CISA warns: "hackers exploit known vulnerability in Netwrix Auditor software"

The US government's Cybersecurity Agency, CISA, has issued an alert regarding a known exploit that is causing an increase in cyber breaches in the United States and Canada. The alert concerns the vulnerability of the Netwrix Auditor software, which cybercriminals are exploiting to infiltrate organizations. According to a joint advisory released by CISA in cooperation with the FBI and Canadian partners, the exploit is being used to spread the malicious Truebot malware.

The discovery of the vulnerability and the corrective measures

The offending bug, identified as CVE-2022-31199, was identified by Bishop Fox experts exactly one year ago. At the time, experts warned that the exploit could allow hackers to arbitrarily execute code on machines running Netwrix Auditor. Due to the fact that this service typically runs with extended privileges within an Active Directory environment, the attacker could presumably have compromised the entire Active Directory domain. Netwrix, which boasts more than 11,500 customers worldwide, has since released version 10.5 of its Auditor, fixing known vulnerabilities.

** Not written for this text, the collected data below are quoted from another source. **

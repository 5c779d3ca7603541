-- ===== src/Cpu/Fits/Products.antt =====
-- The instructions of src/cpu/instructions/dispatchers/m_extension.c.
use risc_v_virtual_machine.Common.{◌==◌, ◌&&◌, ◌-◌, ◌/◌, ◌%◌, u32, arith, ◌<◌, ◌^◌}
use risc_v_virtual_machine.Common.Int.{quot, signed}
use risc_v_virtual_machine.Common.Int.{rem as rem_ℤ}
use risc_v_virtual_machine.Cpu.{Cpu, cpu_read_reg}
use risc_v_virtual_machine.Cpu.Decode.{RType}
use risc_v_virtual_machine.Cpu.Trap.{exc_illegal_instruction}
use risc_v_virtual_machine.Cpu.Fits.{Fits, cpu_read_reg-lt, cpu_write_reg-Fits}
use risc_v_virtual_machine.Cpu.Fits.Values.{
  quotient-lt, remainder-lt, if-lt, unsigned_64-lt, unsigned_32-lt, sign_extend-lt, product_high-lt,
}
use risc_v_virtual_machine.Cpu.Fits.Traps.{raise_exception-Fits}
use risc_v_virtual_machine.Cpu.Exec.Op.{}
use risc_v_virtual_machine.Cpu.Exec.MExtension.{
  mul, mulh, mulhsu, mulhu, div, divu, rem, remu, mulw, divw, divuw, remw, remuw, dispatch_m_op,
  dispatch_m_op_32,
}

mul-Fits : (cpu : Cpu) (i : RType) → Fits cpu → Fits (mul cpu i)
unfolding mul
mul-Fits cpu i f =
    let a = cpu_read_reg-lt cpu i.rs1 f in
    let b = cpu_read_reg-lt cpu i.rs2 f in cpu_write_reg-Fits cpu i.rd _ f (omega arith)

mulh-Fits : (cpu : Cpu) (i : RType) → Fits cpu → Fits (mulh cpu i)
unfolding mulh
mulh-Fits cpu i f =
    let a = cpu_read_reg-lt cpu i.rs1 f in
    let b = cpu_read_reg-lt cpu i.rs2 f in cpu_write_reg-Fits cpu i.rd _ f (unsigned_64-lt _)

mulhsu-Fits : (cpu : Cpu) (i : RType) → Fits cpu → Fits (mulhsu cpu i)
unfolding mulhsu
mulhsu-Fits cpu i f =
    let a = cpu_read_reg-lt cpu i.rs1 f in
    let b = cpu_read_reg-lt cpu i.rs2 f in cpu_write_reg-Fits cpu i.rd _ f (unsigned_64-lt _)

mulhu-Fits : (cpu : Cpu) (i : RType) → Fits cpu → Fits (mulhu cpu i)
unfolding mulhu
mulhu-Fits cpu i f =
    let a = cpu_read_reg-lt cpu i.rs1 f in
    let b = cpu_read_reg-lt cpu i.rs2 f in
    let x = cpu_read_reg cpu i.rs1 in
    let y = cpu_read_reg cpu i.rs2 in cpu_write_reg-Fits cpu i.rd _ f (product_high-lt x y a b)

div-Fits : (cpu : Cpu) (i : RType) → Fits cpu → Fits (div cpu i)
unfolding div
div-Fits cpu i f =
    let a = cpu_read_reg-lt cpu i.rs1 f in
    let b = cpu_read_reg-lt cpu i.rs2 f in
    let x = cpu_read_reg cpu i.rs1 in
    let y = cpu_read_reg cpu i.rs2 in
    cpu_write_reg-Fits cpu i.rd _ f (
      if-lt (x == 2 ^ 63 && y == 2 ^ 64 - 1) (2 ^ 63) _ (omega arith) (
        if-lt (y == 0) 0xFFFFFFFFFFFFFFFF _ (omega arith)
          (unsigned_64-lt (quot (signed 64 x) (signed 64 y)))))

divu-Fits : (cpu : Cpu) (i : RType) → Fits cpu → Fits (divu cpu i)
unfolding divu
divu-Fits cpu i f =
    let a = cpu_read_reg-lt cpu i.rs1 f in
    let b = cpu_read_reg-lt cpu i.rs2 f in
    let x = cpu_read_reg cpu i.rs1 in
    let y = cpu_read_reg cpu i.rs2 in
    cpu_write_reg-Fits cpu i.rd _ f
      (if-lt (y == 0) 0xFFFFFFFFFFFFFFFF (x / y) (omega arith) (quotient-lt x y a))

rem-Fits : (cpu : Cpu) (i : RType) → Fits cpu → Fits (rem cpu i)
unfolding rem
rem-Fits cpu i f =
    let a = cpu_read_reg-lt cpu i.rs1 f in
    let b = cpu_read_reg-lt cpu i.rs2 f in
    let x = cpu_read_reg cpu i.rs1 in
    let y = cpu_read_reg cpu i.rs2 in
    cpu_write_reg-Fits cpu i.rd _ f (
      if-lt (x == 2 ^ 63 && y == 2 ^ 64 - 1) 0 _ (omega arith)
        (if-lt (y == 0) x _ a (unsigned_64-lt (rem_ℤ (signed 64 x) (signed 64 y)))))

remu-Fits : (cpu : Cpu) (i : RType) → Fits cpu → Fits (remu cpu i)
unfolding remu
remu-Fits cpu i f =
    let a = cpu_read_reg-lt cpu i.rs1 f in
    let b = cpu_read_reg-lt cpu i.rs2 f in
    let x = cpu_read_reg cpu i.rs1 in
    let y = cpu_read_reg cpu i.rs2 in
    cpu_write_reg-Fits cpu i.rd _ f (if-lt (y == 0) x (x % y) a (remainder-lt x y a))

mulw-Fits : (cpu : Cpu) (i : RType) → Fits cpu → Fits (mulw cpu i)
unfolding mulw
mulw-Fits cpu i f =
    let a = cpu_read_reg-lt cpu i.rs1 f in
    let b = cpu_read_reg-lt cpu i.rs2 f in
    cpu_write_reg-Fits cpu i.rd _ f (sign_extend-lt _ 32 (omega arith))

divw-Fits : (cpu : Cpu) (i : RType) → Fits cpu → Fits (divw cpu i)
unfolding divw
divw-Fits cpu i f =
    let a = cpu_read_reg-lt cpu i.rs1 f in
    let b = cpu_read_reg-lt cpu i.rs2 f in
    let x = cpu_read_reg cpu i.rs1 in
    let y = cpu_read_reg cpu i.rs2 in
    cpu_write_reg-Fits cpu i.rd _ f (
      sign_extend-lt _ 32 (
        if-lt (u32 x == 2 ^ 31 && u32 y == 2 ^ 32 - 1) (2 ^ 31) _ (omega arith) (
          if-lt (u32 y == 0) 0xFFFFFFFF _ (omega arith)
            (unsigned_32-lt (quot (signed 32 (u32 x)) (signed 32 (u32 y)))))))

divuw-Fits : (cpu : Cpu) (i : RType) → Fits cpu → Fits (divuw cpu i)
unfolding divuw
divuw-Fits cpu i f =
    let a = cpu_read_reg-lt cpu i.rs1 f in
    let b = cpu_read_reg-lt cpu i.rs2 f in
    let x = cpu_read_reg cpu i.rs1 in
    let y = cpu_read_reg cpu i.rs2 in
    cpu_write_reg-Fits cpu i.rd _ f (
      sign_extend-lt _ 32 (
        if-lt (u32 y == 0) 0xFFFFFFFF (u32 x / u32 y) (omega arith)
          (quotient-lt (u32 x) (u32 y) (omega arith))))

remw-Fits : (cpu : Cpu) (i : RType) → Fits cpu → Fits (remw cpu i)
unfolding remw
remw-Fits cpu i f =
    let a = cpu_read_reg-lt cpu i.rs1 f in
    let b = cpu_read_reg-lt cpu i.rs2 f in
    let x = cpu_read_reg cpu i.rs1 in
    let y = cpu_read_reg cpu i.rs2 in
    cpu_write_reg-Fits cpu i.rd _ f (
      sign_extend-lt _ 32 (
        if-lt (u32 x == 2 ^ 31 && u32 y == 2 ^ 32 - 1) 0 _ (omega arith) (
          if-lt (u32 y == 0) (u32 x) _ (omega arith)
            (unsigned_32-lt (rem_ℤ (signed 32 (u32 x)) (signed 32 (u32 y)))))))

remuw-Fits : (cpu : Cpu) (i : RType) → Fits cpu → Fits (remuw cpu i)
unfolding remuw
remuw-Fits cpu i f =
    let a = cpu_read_reg-lt cpu i.rs1 f in
    let b = cpu_read_reg-lt cpu i.rs2 f in
    let x = cpu_read_reg cpu i.rs1 in
    let y = cpu_read_reg cpu i.rs2 in
    cpu_write_reg-Fits cpu i.rd _ f (
      sign_extend-lt _ 32 (
        if-lt (u32 y == 0) (u32 x) (u32 x % u32 y) (omega arith)
          (remainder-lt (u32 x) (u32 y) (omega arith))))

pub dispatch_m_op-Fits :
    (cpu : Cpu) (i : RType) → Fits cpu → i.raw < 2 ^ 64 → Fits (dispatch_m_op cpu i)
unfolding dispatch_m_op
dispatch_m_op-Fits cpu i f h = grind (
  arith,
  f,
  raise_exception-Fits cpu exc_illegal_instruction i.raw f (omega arith) h,
  mul-Fits cpu i f,
  mulh-Fits cpu i f,
  mulhsu-Fits cpu i f,
  mulhu-Fits cpu i f,
  div-Fits cpu i f,
  divu-Fits cpu i f,
  rem-Fits cpu i f,
  remu-Fits cpu i f,
)

pub dispatch_m_op_32-Fits :
    (cpu : Cpu) (i : RType) → Fits cpu → i.raw < 2 ^ 64 → Fits (dispatch_m_op_32 cpu i)
unfolding dispatch_m_op_32
dispatch_m_op_32-Fits cpu i f h = grind (
  arith,
  f,
  raise_exception-Fits cpu exc_illegal_instruction i.raw f (omega arith) h,
  mulw-Fits cpu i f,
  divw-Fits cpu i f,
  divuw-Fits cpu i f,
  remw-Fits cpu i f,
  remuw-Fits cpu i f,
)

Truebot malware exploits the loopholes

One year after the vulnerability was discovered, CISA and its law enforcement partners report that bad actors are exploiting this Netwrix Auditor vulnerability to distribute new variants of Truebot malware. The attacks aim to harvest and exfiltrate information from US and Canadian organizations. Confirmation of the use of malware comes from both open-source reports and analysis of Truebot variants. The phishing campaigns through which the malware is delivered are based on malicious hypertext links that redirect the victims.

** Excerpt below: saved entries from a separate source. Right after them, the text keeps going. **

-- ===== src/Cpu/Fits/Immediates.antt =====
-- The register instructions with an immediate, the branches and the jumps.
use risc_v_virtual_machine.Common.{◌+◌, ◌%◌, arith, ◌<◌, ◌^◌}
use risc_v_virtual_machine.Bits.{bit_or-lt, bit_and-lt, bit_xor-lt}
use risc_v_virtual_machine.Cpu.{Cpu}
use risc_v_virtual_machine.Cpu.Decode.{RType, IType, BType, UType, JType}
use risc_v_virtual_machine.Cpu.Trap.{exc_illegal_instruction}
use risc_v_virtual_machine.Cpu.Step.{execute_u, execute_r}
use risc_v_virtual_machine.Cpu.Fits.{Fits, cpu_read_reg-lt, cpu_write_reg-Fits, set_pc-Fits}
use risc_v_virtual_machine.Cpu.Fits.Values.{
  quotient-lt, unsigned_64-lt, unsigned_32-lt, sign_extend-lt,
}
use risc_v_virtual_machine.Cpu.Fits.Traps.{raise_exception-Fits}
use risc_v_virtual_machine.Cpu.Fits.Registers.{dispatch_op-Fits, dispatch_op_32-Fits}
use risc_v_virtual_machine.Cpu.Fits.Products.{dispatch_m_op-Fits, dispatch_m_op_32-Fits}
use risc_v_virtual_machine.Cpu.Exec.OpImm.{
  addi, slli, slti, sltiu, xori, srli, srai, sri, ori, andi, dispatch_op_imm,
}
use risc_v_virtual_machine.Cpu.Exec.OpImm32.{addiw, slliw, sraiw, srliw, sriw, dispatch_op_imm_32}
use risc_v_virtual_machine.Cpu.Exec.Branch.{beq, bne, blt, bge, bltu, bgeu, dispatch_branch}
use risc_v_virtual_machine.Cpu.Exec.Jumps.{
  jal, dispatch_jal, jalr, dispatch_jalr, lui, dispatch_lui, auipc, dispatch_auipc, fence_i, fence,
  dispatch_misc_mem,
}

addi-Fits : (cpu : Cpu) (i : IType) → Fits cpu → i.imm < 2 ^ 64 → Fits (addi cpu i)
unfolding addi
addi-Fits cpu i f h =
    let a = cpu_read_reg-lt cpu i.rs1 f in cpu_write_reg-Fits cpu i.rd _ f (omega arith)

slli-Fits : (cpu : Cpu) (i : IType) → Fits cpu → i.imm < 2 ^ 64 → Fits (slli cpu i)
unfolding slli
slli-Fits cpu i f h =
    let a = cpu_read_reg-lt cpu i.rs1 f in cpu_write_reg-Fits cpu i.rd _ f (omega arith)

slti-Fits : (cpu : Cpu) (i : IType) → Fits cpu → i.imm < 2 ^ 64 → Fits (slti cpu i)
unfolding slti
slti-Fits cpu i f h =
    let a = cpu_read_reg-lt cpu i.rs1 f in cpu_write_reg-Fits cpu i.rd _ f (ground arith)

sltiu-Fits : (cpu : Cpu) (i : IType) → Fits cpu → i.imm < 2 ^ 64 → Fits (sltiu cpu i)
unfolding sltiu
sltiu-Fits cpu i f h =
    let a = cpu_read_reg-lt cpu i.rs1 f in cpu_write_reg-Fits cpu i.rd _ f (ground arith)

xori-Fits : (cpu : Cpu) (i : IType) → Fits cpu → i.imm < 2 ^ 64 → Fits (xori cpu i)
unfolding xori
xori-Fits cpu i f h =
    let a = cpu_read_reg-lt cpu i.rs1 f in cpu_write_reg-Fits cpu i.rd _ f (bit_xor-lt 64 _ _ a h)

srli-Fits : (cpu : Cpu) (i : IType) → Fits cpu → i.imm < 2 ^ 64 → Fits (srli cpu i)
unfolding srli
srli-Fits cpu i f h =
    let a = cpu_read_reg-lt cpu i.rs1 f in cpu_write_reg-Fits cpu i.rd _ f (quotient-lt _ _ a)

srai-Fits : (cpu : Cpu) (i : IType) → Fits cpu → i.imm < 2 ^ 64 → Fits (srai cpu i)
unfolding srai
srai-Fits cpu i f h =
    let a = cpu_read_reg-lt cpu i.rs1 f in cpu_write_reg-Fits cpu i.rd _ f (unsigned_64-lt _)

ori-Fits : (cpu : Cpu) (i : IType) → Fits cpu → i.imm < 2 ^ 64 → Fits (ori cpu i)
unfolding ori
ori-Fits cpu i f h =
    let a = cpu_read_reg-lt cpu i.rs1 f in cpu_write_reg-Fits cpu i.rd _ f (bit_or-lt 64 _ _ a h)

andi-Fits : (cpu : Cpu) (i : IType) → Fits cpu → i.imm < 2 ^ 64 → Fits (andi cpu i)
unfolding andi
andi-Fits cpu i f h =
    let a = cpu_read_reg-lt cpu i.rs1 f in cpu_write_reg-Fits cpu i.rd _ f (bit_and-lt 64 _ _ a)

addiw-Fits : (cpu : Cpu) (i : IType) → Fits cpu → i.imm < 2 ^ 64 → Fits (addiw cpu i)
unfolding addiw
addiw-Fits cpu i f h =
    let a = cpu_read_reg-lt cpu i.rs1 f in
    cpu_write_reg-Fits cpu i.rd _ f (sign_extend-lt _ 32 (omega arith))

slliw-Fits : (cpu : Cpu) (i : IType) → Fits cpu → i.imm < 2 ^ 64 → Fits (slliw cpu i)
unfolding slliw
slliw-Fits cpu i f h =
    let a = cpu_read_reg-lt cpu i.rs1 f in
    cpu_write_reg-Fits cpu i.rd _ f (sign_extend-lt _ 32 (omega arith))

srliw-Fits : (cpu : Cpu) (i : IType) → Fits cpu → i.imm < 2 ^ 64 → Fits (srliw cpu i)
unfolding srliw
srliw-Fits cpu i f h =
    let a = cpu_read_reg-lt cpu i.rs1 f in
    cpu_write_reg-Fits cpu i.rd _ f (sign_extend-lt _ 32 (quotient-lt _ _ (omega arith)))

sraiw-Fits : (cpu : Cpu) (i : IType) → Fits cpu → i.imm < 2 ^ 64 → Fits (sraiw cpu i)
unfolding sraiw
sraiw-Fits cpu i f h =
    let a = cpu_read_reg-lt cpu i.rs1 f in
    cpu_write_reg-Fits cpu i.rd _ f (sign_extend-lt _ 32 (unsigned_32-lt _))

pub dispatch_op_imm-Fits :
    (cpu : Cpu) (i : IType)
    → Fits cpu
    → i.imm < 2 ^ 64
    → i.raw < 2 ^ 64
    → Fits (dispatch_op_imm cpu i)
unfolding dispatch_op_imm sri
dispatch_op_imm-Fits cpu i f h k = grind (
  arith,
  f,
  raise_exception-Fits cpu exc_illegal_instruction i.raw f (omega arith) k,
  addi-Fits cpu i f h,
  slli-Fits cpu i f h,
  slti-Fits cpu i f h,
  sltiu-Fits cpu i f h,
  xori-Fits cpu i f h,
  srli-Fits cpu i f h,
  srai-Fits cpu i f h,
  ori-Fits cpu i f h,
  andi-Fits cpu i f h,
)

pub dispatch_op_imm_32-Fits :
    (cpu : Cpu) (i : IType)
    → Fits cpu
    → i.imm < 2 ^ 64
    → i.raw < 2 ^ 64
    → Fits (dispatch_op_imm_32 cpu i)
unfolding dispatch_op_imm_32 sriw
dispatch_op_imm_32-Fits cpu i f h k = grind (
  arith,
  f,
  raise_exception-Fits cpu exc_illegal_instruction i.raw f (omega arith) k,
  addiw-Fits cpu i f h,
  slliw-Fits cpu i f h,
  srliw-Fits cpu i f h,
  sraiw-Fits cpu i f h,
)

pub dispatch_branch-Fits :
    (cpu : Cpu) (i : BType) → Fits cpu → i.raw < 2 ^ 64 → Fits (dispatch_branch cpu i)
unfolding dispatch_branch beq bne blt bge bltu bgeu
dispatch_branch-Fits cpu i f k = grind (
  arith,
  f,
  raise_exception-Fits cpu exc_illegal_instruction i.raw f (omega arith) k,
  set_pc-Fits cpu ((cpu.pc + i.imm) % 2 ^ 64) f (omega arith),
)

pub dispatch_jal-Fits :
    (cpu : Cpu) (i : JType) → Fits cpu → i.raw < 2 ^ 64 → Fits (dispatch_jal cpu i)
unfolding dispatch_jal jal
dispatch_jal-Fits cpu i f k = grind (
  arith,
  f,
  raise_exception-Fits cpu exc_illegal_instruction i.raw f (omega arith) k,
  cpu_write_reg-Fits _ i.rd ((cpu.pc + 4) % 2 ^ 64)
      (set_pc-Fits cpu ((cpu.pc + i.imm) % 2 ^ 64) f (omega arith)) (omega arith),
)

pub dispatch_jalr-Fits : (cpu : Cpu) (i : IType) → Fits cpu → Fits (dispatch_jalr cpu i)
unfolding dispatch_jalr jalr
dispatch_jalr-Fits cpu i f =
    set_pc-Fits _ _ (cpu_write_reg-Fits cpu i.rd _ f (omega arith))
      (bit_and-lt 64 _ _ (omega arith))

pub execute_u-Fits :
    (cpu : Cpu) (i : UType) → Fits cpu → i.imm < 2 ^ 64 → i.raw < 2 ^ 64 → Fits (execute_u cpu i)
unfolding execute_u dispatch_lui lui dispatch_auipc auipc
execute_u-Fits cpu i f h k = grind (
  arith,
  raise_exception-Fits cpu exc_illegal_instruction i.raw f (omega arith) k,
  cpu_write_reg-Fits cpu i.rd i.imm f h,
  cpu_write_reg-Fits cpu i.rd ((cpu.pc + i.imm) % 2 ^ 64) f (omega arith),
)

pub dispatch_misc_mem-Fits :
    (cpu : Cpu) (i : IType) → Fits cpu → i.raw < 2 ^ 64 → Fits (dispatch_misc_mem cpu i)
unfolding dispatch_misc_mem fence fence_i
dispatch_misc_mem-Fits cpu i f k =
    grind (arith, f, raise_exception-Fits cpu exc_illegal_instruction i.raw f (omega arith) k)

pub execute_r-Fits : (cpu : Cpu) (i : RType) → Fits cpu → i.raw < 2 ^ 64 → Fits (execute_r cpu i)
unfolding execute_r
execute_r-Fits cpu i f k = grind (
  arith,
  raise_exception-Fits cpu exc_illegal_instruction i.raw f (omega arith) k,
  dispatch_op-Fits cpu i f k,
  dispatch_op_32-Fits cpu i f k,
  dispatch_m_op-Fits cpu i f k,
  dispatch_m_op_32-Fits cpu i f k,
)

Information security recommendations and preventive measures

The agencies have shared a detailed technical document that includes IOCs (indicators of compromise) and other useful data. This document should help defenders identify possible signs of compromise and encourage system administrators to maintain good security hygiene. In addition to applying all available patches, CISA recommends that organizations reduce the threat of malicious actors leveraging remote access tools. Suggested measures include implementing application controls to manage and control the execution of the software, restricting use of RDP (Remote Desktop Protocol) and other remote desktop services, and enforcing stringent best practices for network audit for systems using RDP. The use of phishing-resistant multi-factor authentication (MFA) technologies is also recommended. Therefore, organizations should implement preventive measures to ensure the safety of their data, especially in an era where cyber threats are constantly increasing.